Politic?

This is a blog dedicated to a personal interpretation of political news of the day. I attempt to be as knowledgeable as possible before commenting and committing my thoughts to a day's communication.

Tuesday, August 07, 2012

Communicable Diseases

National and international health agencies remain vigilant about the onset of epidemics, local and global.  When some dread disease caused by infections of one kind or another threaten the health and well-being of populations, sometimes resulting in deaths of the vulnerable, the elderly, the young, the immune-impaired.  Is there immunity from the deadly onset of hatred and all it connotes?


Hatred, step-sister to suspicion and fear, is a communicable disease.  It infects at random, where we might not anticipate that it would.  Seemingly normal people become fixated on characteristics of others who do not physically resemble them, or who worship a religion foreign to their own, or whose ethnic derivations have left them with a heritage and customs that seem to conflict with their own.


All societies in all countries of the world have among their populations those who seem more susceptible to the alienating effects of fear and suspicion leading to the irrationality of hatred.  And this is where the conductor of the trio steps in and introduces other elements; threats, resentment, violence.  This is an ugly orchestration of the more dire of human emotions.
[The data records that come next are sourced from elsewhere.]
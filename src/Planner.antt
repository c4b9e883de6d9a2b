-- ===== src/Planner.antt =====
-- internal/uploader/planner.go: the local side of an upload pair becomes a list of transfers.
pub mod Tree
pub mod Walk
pub mod Build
And it happens all too often that someone runs amok, causing a stunned population to view the aftermath of a personal vendetta resulting in mass murder.  It happens in Norway, in France, in Britain, in Iraq, in Syria and in Egypt, India and China, and in Canada and in the United States.  When it occurs in a country with strong rules and regulations and laws demanding equality and justice, it comes as an especial shock.


No sooner did the news media lay to rest a mass murder that took place in one state, then another occurs in yet another state of the union.  "I think all of us recognize that these kinds of terrible tragic events are happening with too much regularity for us not to do some soul-searching and to examine additional ways that we can reduce violence", a sober-voiced President Barack Obama commented from his Oval Office.
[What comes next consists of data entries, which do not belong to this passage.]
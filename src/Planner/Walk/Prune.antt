-- ===== src/Planner/Walk/Prune.antt =====
-- Pruning: without re-includes the walk that skips excluded directories plans the same files as the
-- walk that descends everywhere.
use easy_sftp.Prelude.{
  ◌≡◌, refl, sym, ap, ◌∙◌, Bool, true, false, Bytes, [], ◌∷◌, ◌++◌, arith, inl, inr, Bool-cases,
  eq_bytes, Result, ok, >>=-eq-ok, append_assoc,
}
use easy_sftp.SlashPath.{dot}
use easy_sftp.Gitignore.Matcher.{matches_how}
use easy_sftp.Gitignore.Matcher.Plain.{NoNegation, matches_how-below, below_is_no_dot}
use easy_sftp.Planner.Tree.{
  FileInfo, Entry, file, vanished, unreadable, directory, Entries, no_more, entry,
}
use easy_sftp.Planner.Walk.{
  WalkOptions, Found, child_rel, is_left_out, visit_file, skips_dir, walk_entry, walk_entries,
  walk_dir, plan_item,
}

ok-injective : {E A : Type 0} {a b : A} → Path (Result E A) (ok a) (ok b) → a ≡ b
ok-injective e = cc

module _ (o : WalkOptions) (plain : NoNegation o.matcher) (d : Bytes)
    (excluded : (matches_how o.matcher d true).0 ≡ true) where
  -- A path below the excluded directory.
  abbrev IsBelow : Bytes → Type 0
  IsBelow rel = (rest : Bytes) × (rel ≡ d ++ b'/' ∷ rest)

  below-left_out : (rel : Bytes) → IsBelow rel → is_left_out o rel ≡ true
  unfolding is_left_out
  below-left_out rel (rest, e) = elim (Bool-cases (eq_bytes rel o.manifest_name)) [
    | inl manifest ↦ rw manifest
    | inr other ↦ rw other (rw e (matches_how-below o.matcher plain d rest false excluded))
  ]

  child-IsBelow : (dir name : Bytes) → IsBelow dir → IsBelow (child_rel dir name)
  child-IsBelow dir name (rest, e) = (
    rest ++ b'/' ∷ name,
    rw (e, below_is_no_dot o.matcher plain d rest) (append_assoc d (b'/' ∷ rest) (b'/' ∷ name)),
  )

  visit_left_out :
      (rel : Bytes) (info : FileInfo) (found : Found)
      → is_left_out o rel ≡ true
      → visit_file o rel info found ≡ found
  unfolding visit_file
  visit_left_out rel info found e = rw e

  mutual
    unfolding walk_entries

    -- A walk below the excluded directory plans nothing.
    below_entry :
        (e : Entry) (dir : Bytes) (found : Found) {found' : Found}
        → ((name : Bytes) → IsBelow (child_rel dir name))
        → walk_entry o dir e found ≡ ok found'
        → found ≡ found'
    below_entry (file name info) dir found b h =
        sym (
          visit_left_out (child_rel dir name) info found
            (below-left_out (child_rel dir name) (b name)))
        ∙ ok-injective h
    below_entry (vanished name) dir found b h =
        ok-injective (rw (below-left_out (child_rel dir name) (b name)) at h)
    below_entry (unreadable name) dir found b h = cc
    below_entry (directory name entries) dir found b h =
        elim (Bool-cases (skips_dir o (child_rel dir name))) [
          | inl skip ↦ ok-injective (rw skip at h)
          | inr descend ↦
              below_entries entries (child_rel dir name) found
                (λ n. child-IsBelow (child_rel dir name) n (b name)) (rw descend at h)
        ]

    below_entries :
        (es : Entries) (dir : Bytes) (found : Found) {found' : Found}
        → ((name : Bytes) → IsBelow (child_rel dir name))
        → walk_entries o dir es found ≡ ok found'
        → found ≡ found'
    below_entries no_more dir found b h = ok-injective h
    below_entries (entry e es) dir found b h =
        let (middle, first, rest) = >>=-eq-ok (walk_entry o dir e found) _ h in
        below_entry e dir found b first ∙ below_entries es dir middle b rest

-- The walk with pruning switched on or off.
abbrev pub pruning : Bool → WalkOptions → WalkOptions
pruning on o = record o { prune_dirs = on }

module _ (o : WalkOptions) (plain : NoNegation o.matcher) where
  skipped_is_excluded :
      (rel : Bytes)
      → skips_dir (pruning true o) rel ≡ true
      → (eq_bytes rel dot ≡ false) × ((matches_how o.matcher rel true).0 ≡ true)
  unfolding skips_dir
  skipped_is_excluded rel h = ground arith

  never_skips : (rel : Bytes) → skips_dir (pruning false o) rel ≡ false
  unfolding skips_dir
  never_skips rel = refl

  mutual
    unfolding walk_entries visit_file is_left_out plan_item

    entry-pruned :
        (e : Entry) (dir : Bytes) (found : Found) {found' : Found}
        → walk_entry (pruning false o) dir e found ≡ ok found'
        → walk_entry (pruning true o) dir e found ≡ ok found'
    entry-pruned (file name info) dir found h = h
    entry-pruned (vanished name) dir found h = h
    entry-pruned (unreadable name) dir found h = h
    entry-pruned (directory name entries) dir found h =
        let rel = child_rel dir name in
        let full = rw (never_skips rel) at h in
        elim (Bool-cases (skips_dir (pruning true o) rel)) [
          | inl skip ↦
              let (not_dot, excluded) = skipped_is_excluded rel skip in
              rw skip (
                ap ok (
                  below_entries (pruning false o) plain rel excluded entries rel found
                    (λ n. (n, rw not_dot)) full))
          | inr descend ↦ rw descend (entries-pruned entries rel found full)
        ]

    entries-pruned :
        (es : Entries) (dir : Bytes) (found : Found) {found' : Found}
        → walk_entries (pruning false o) dir es found ≡ ok found'
        → walk_entries (pruning true o) dir es found ≡ ok found'
    entries-pruned no_more dir found h = h
    entries-pruned (entry e es) dir found h =
        let (middle, first, rest) = >>=-eq-ok (walk_entry (pruning false o) dir e found) _ h in
        rw (entry-pruned e dir found first) (entries-pruned es dir middle rest)

-- Where the walk over everything succeeds, the pruned walk succeeds with the same plan.
pub walk_dir-pruned :
    (o : WalkOptions) (entries : Entries) {found : Found}
    → NoNegation o.matcher
    → walk_dir (pruning false o) entries ≡ ok found
    → walk_dir (pruning true o) entries ≡ ok found
unfolding walk_dir
walk_dir-pruned o entries plain h =
    entries-pruned o plain entries dot (record { files = []; skipped_non_regular = 0 }) h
He would, he said in response to a query, talk with community and faith leaders, law-enforcement and elected officials about how they could go about attempting to reduce the prevalence of gun violence.  He personally supports an assault-weapons ban, which sounds like a very good idea, but this is election time and that is an issue that will garner push-back from powerful lobby groups.


This was not a movie theatre where a showing of a legendary comic-book hero took centre stage in the guise affected by a drug-addled psychopath shooting his assault-weapons purposefully and accurately to slaughter as many men, women and children as he could manage.  This assault was inside the Sikh Temple of Wisconsin in Oak Creek, near Milwaukee.


And this man was not a budding neuroscientist, but a U.S. army veteran who also happened to be a neo-Nazi racist armed with a legally obtained weapon, and obviously determined to murder those whom he took to be involved in the 9-11 attack on America.  "We never thought this could happen to our community.  We never did anything wrong to anyone", mourned Devendar Nagra.


A man with an alcohol addiction, and an addiction to racial hatred.  Two children looking through a window of the community gurdwara where the faithful were assembling for morning prayers, ran to warn those assembled in the prayer hall that a man with a gun was entering.  The children ushered fourteen hysterical women into a pantry where they hid for two hours while mayhem raged around them.

"They were telling all the women to be still and to be brave, and they were telling the women not to cry.  They are the heroes who saved the women in the closet", said one of the women, in tears.  They were tears of fear and frustration, tears for the six people who were killed, and the three others wounded Sunday.  Including the police officer who went to the aid of one person and was shot nine times himself.


Astoundingly the special agent in charge of the FBI's Milwaukee division stated: "While the FBI is investigating whether this matter might be an act of domestic terrorism, no motive has been determined at this time."  No motive?  No kidding!